◆ What to work on ◆
Exactly the lines starting at the line containing "null_case is_null true true" and ending at the line containing "by_order not_equal c" are to be written out from the listing below, both included.

◆ ◆ ◆

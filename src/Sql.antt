-- ===== src/Sql.antt =====
-- src/observer/sql: expressions (`Expr`), the rules of the optimizer that rewrite them (`Rewrite`), and the
-- push of predicates down to a table scan (`Pushdown`).
pub mod Expr
pub mod Rewrite
pub mod Pushdown
mod Tests
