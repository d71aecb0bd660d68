-- ===== src/Sql/Expr.antt =====
-- src/observer/sql/expr/expression.h and expression.cpp: constants, fields, casts, comparisons and
-- conjunctions, and their value on a row. How two values of one type compare, read as a Boolean or are
-- cast (src/observer/common/type), and the kinds of expression beside these, are arguments.
use ob_htap.Prelude.{
  ℕ, zero, suc, ◌-◌, ◌^◌, List, Bool, true, false, not, ◌||◌, Option, none, some, if◌then◌else◌,
  ◌==◌,
}
use ob_htap.Prelude.Int.{ℤ, pos, negsuc, leb_ℤ, ltb_ℤ, eqb_ℤ}
use ob_htap.Rc.{Rc}

-- `AttrType`; a type with bytes of its own is `bytes`, with its number.
pub data AttrType : Type 0 where
  booleans_type nulls_type values_lists_type : AttrType
  bytes_type : ℕ → AttrType

-- `Value`, and the list of a VALUESLISTS value
mutual
  pub data Value : Type 0 where
    booleans : Bool → Value
    nulls : Value
    values_list : Values → Value
    bytes : ℕ → List ℕ → Value

  pub data Values : Type 0 where
    no_values : Values
    and_value : Value → Values → Values

pub data CompOp : Type 0 where
  equal_to less_equal not_equal less_than great_equal great_than is_null is_not like_op in_valuelist
        not_in_valuelist not_like_op no_op :
      CompOp

-- `ConjunctionExpr::Type`
pub data Kind : Type 0 where
  and or : Kind

-- `Expression`. An expression of another kind carries its number.
mutual
  pub data Expr : Type 0 where
    field : ℕ → Expr
    value : Value → Expr
    cast : Expr → AttrType → Expr
    comparison : CompOp → Expr → Expr → Expr
    conjunction : Kind → Exprs → Expr
    other : ℕ → Expr

  pub data Exprs : Type 0 where
    nil : Exprs
    cons : Expr → Exprs → Exprs

-- A value, or the code of the error.
pub data Outcome (A : Type 0) : Type 0 where
  ok : A → Outcome A
  fail : Rc → Outcome A

-- What the types and the rows answer: `DataType::compare`, `Value::get_boolean` of a value with bytes,
-- `Value::str_like`, `Value::cast_to`, and the value of a field or of another expression on the row.
pub record Row : Type 0 where
  pub compare : Value → Value → ℤ
  pub bytes_boolean : ℕ → List ℕ → Bool
  pub str_like : Value → Value → Bool
  pub cast_to : Value → AttrType → Outcome Value
  pub field_value : ℕ → Outcome Value
  pub other_value : ℕ → Outcome Value

abbrev pub is_null_value : Value → Bool
is_null_value nulls = true
is_null_value _ = false

abbrev pub attr_type : Value → AttrType
attr_type (booleans b) = booleans_type
attr_type nulls = nulls_type
attr_type (values_list vs) = values_lists_type
attr_type (bytes type data_bytes) = bytes_type type

abbrev pub same_type : AttrType → AttrType → Bool
same_type booleans_type booleans_type = true
same_type nulls_type nulls_type = true
same_type values_lists_type values_lists_type = true
same_type (bytes_type a) (bytes_type b) = a == b
same_type _ _ = false

abbrev pub values_size : Values → ℕ
values_size no_values = 0
values_size (and_value v vs) = suc (values_size vs)

-- The size of a values list.
abbrev pub list_size : Value → Option ℕ
list_size (values_list vs) = some (values_size vs)
list_size _ = none

-- `Value::get_boolean`
unfoldable pub get_boolean : Row → Value → Bool
get_boolean row (booleans b) = b
get_boolean row (bytes type data_bytes) = row.bytes_boolean type data_bytes
get_boolean row _ = false

-- What a list on the left decides that has not one value.
abbrev left_list : CompOp → Option ℕ → Option (Rc × Bool)
left_list comp none = none
left_list comp (some (suc zero)) = none
left_list not_equal (some zero) = some (Rc.error, false)
left_list comp (some zero) = some (Rc.success, false)
left_list comp (some (suc (suc n))) = some (Rc.error, false)

abbrev right_list : CompOp → Option ℕ → Option (Rc × Bool)
right_list comp none = none
right_list comp (some (suc zero)) = none
right_list not_in_valuelist (some zero) = some (Rc.success, true)
right_list not_equal (some zero) = some (Rc.error, false)
right_list comp (some zero) = some (Rc.success, false)
right_list comp (some (suc (suc n))) = some (Rc.error, false)

-- What a NULL on the left or on the right decides.
abbrev null_case : CompOp → Bool → Bool → Option (Rc × Bool)
null_case comp false false = none
null_case is_not true true = some (Rc.success, false)
null_case is_not false true = some (Rc.success, true)
null_case is_not true false = none
null_case is_null true true = some (Rc.success, true)
null_case is_null false true = some (Rc.success, false)
null_case is_null true false = none
null_case comp _ _ = some (Rc.success, false)

abbrev by_order : CompOp → ℤ → Rc × Bool
by_order equal_to c = (Rc.success, eqb_ℤ c (pos 0))
by_order in_valuelist c = (Rc.success, eqb_ℤ c (pos 0))
by_order less_equal c = (Rc.success, leb_ℤ c (pos 0))
by_order not_in_valuelist c = (Rc.success, not (eqb_ℤ c (pos 0)))
by_order not_equal c = (Rc.success, not (eqb_ℤ c (pos 0)))
by_order less_than c = (Rc.success, ltb_ℤ c (pos 0))
by_order great_equal c = (Rc.success, leb_ℤ (pos 0) c)
by_order great_than c = (Rc.success, ltb_ℤ (pos 0) c)
by_order is_null c = (Rc.success, eqb_ℤ c (pos 0))
by_order is_not c = (Rc.success, not (eqb_ℤ c (pos 0)))
by_order _ c = (Rc.internal, false)

-- The first that decides.
abbrev or_else {ℓ} : {A : Type ℓ} → Option A → A → A
or_else none a = a
or_else (some a) _ = a

-- `ComparisonExpr::compare_value`; INT32_MAX stands for values that do not compare.
unfoldable pub compare_value : Row → CompOp → Value → Value → Rc × Bool
compare_value row comp left right =
    let c = row.compare left right in
    or_else (left_list comp (list_size left)) (
      or_else (right_list comp (list_size right)) (
        or_else (null_case comp (is_null_value left) (is_null_value right)) (
          if eqb_ℤ c (pos (2 ^ 31 - 1)) || eqb_ℤ c (negsuc (2 ^ 31 - 2))
          then (Rc.success, false)
          else by_order comp c)))

-- The loops of `ComparisonExpr::get_value` over a list, up to a value that decides: for IN the first
-- for which the comparison is true, for NOT IN the first for which it is false. The code and the
-- answer are those of the last comparison.
unfoldable pub compare_values : Row → CompOp → Bool → Value → Values → Rc × Bool → Rc × Bool
compare_values row comp decided left no_values last = last
compare_values row comp decided left (and_value v vs) last =
    let (rc, result) = compare_value row comp left v in
    let rest = compare_values row comp decided left vs (rc, result) in
    if (if decided then result else not result) then (rc, result) else rest

abbrev pub is_empty_list : Values → Bool
is_empty_list no_values = true
is_empty_list _ = false

-- The switch of `ComparisonExpr::get_value`
unfoldable pub compare_by : Row → CompOp → Value → Value → Rc × Bool
compare_by row in_valuelist left (values_list vs) =
    compare_values row in_valuelist true left vs (Rc.success, false)
compare_by row in_valuelist left right = (Rc.unsupported, false)
compare_by row not_in_valuelist left (values_list vs) =
    compare_values row not_in_valuelist false left vs (Rc.success, is_empty_list vs)
compare_by row not_in_valuelist left right = (Rc.unsupported, false)
compare_by row like_op left right = (Rc.success, row.str_like left right)
compare_by row not_like_op left right = (Rc.success, not (row.str_like left right))
compare_by row comp left right = compare_value row comp left right

abbrev pub boolean_or : Rc × Bool → Outcome Value
boolean_or (Rc.success, b) = ok (booleans b)
boolean_or (rc, b) = fail rc

-- `CastExpr::cast`
unfoldable pub cast_value : Row → AttrType → Value → Outcome Value
cast_value row type v = if same_type type (attr_type v) then ok v else row.cast_to v type

-- What a conjunction is where no child decides.
abbrev pub default_value : Kind → Bool
default_value and = true
default_value or = false

-- Whether a child of this value decides.
abbrev pub decides : Kind → Bool → Bool
decides and b = not b
decides or b = b

-- A round of the loop of `ConjunctionExpr::get_value`: the child's value, or what the rest gives.
unfoldable pub child_or : Row → Kind → Outcome Value → Outcome Value → Outcome Value
child_or row kind (fail rc) rest = fail rc
child_or row kind (ok v) rest =
    if decides kind (get_boolean row v) then ok (booleans (get_boolean row v)) else rest

-- `get_value` of the expressions. `get_children` is the loop of `ConjunctionExpr::get_value`; its test
-- for a conjunction without children stands before it.
unfoldable mutual
  pub get_value : Row → Expr → Outcome Value
  get_value row (field i) = row.field_value i
  get_value row (value v) = ok v
  get_value row (cast child type) = elim (get_value row child) [
    | fail rc ↦ fail rc
    | ok v ↦ cast_value row type v
  ]
  get_value row (comparison comp left right) = elim (get_value row left) [
    | fail rc ↦ fail rc
    | ok l ↦ elim (get_value row right) [
      | fail rc ↦ fail rc
      | ok r ↦ boolean_or (compare_by row comp l r)
    ]
  ]
  get_value row (conjunction kind nil) = ok (booleans true)
  get_value row (conjunction kind (cons e es)) = get_children row kind (cons e es)
  get_value row (other i) = row.other_value i

  pub get_children : Row → Kind → Exprs → Outcome Value
  get_children row kind nil = ok (booleans (default_value kind))
  get_children row kind (cons e es) =
      let rest = get_children row kind es in child_or row kind (get_value row e) rest

-- What a predicate keeps of a value: whether the row passes.
abbrev pub truth : Row → Outcome Value → Outcome Bool
truth row (ok v) = ok (get_boolean row v)
truth row (fail rc) = fail rc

◆ ◆ ◆

◆ Final answer ◆
null_case is_null true true = some (Rc.success, true)
null_case is_null false true = some (Rc.success, false)
null_case is_null true false = none
null_case comp _ _ = some (Rc.success, false)

abbrev by_order : CompOp → ℤ → Rc × Bool
by_order equal_to c = (Rc.success, eqb_ℤ c (pos 0))
by_order in_valuelist c = (Rc.success, eqb_ℤ c (pos 0))
by_order less_equal c = (Rc.success, leb_ℤ c (pos 0))
by_order not_in_valuelist c = (Rc.success, not (eqb_ℤ c (pos 0)))
by_order not_equal c = (Rc.success, not (eqb_ℤ c (pos 0)))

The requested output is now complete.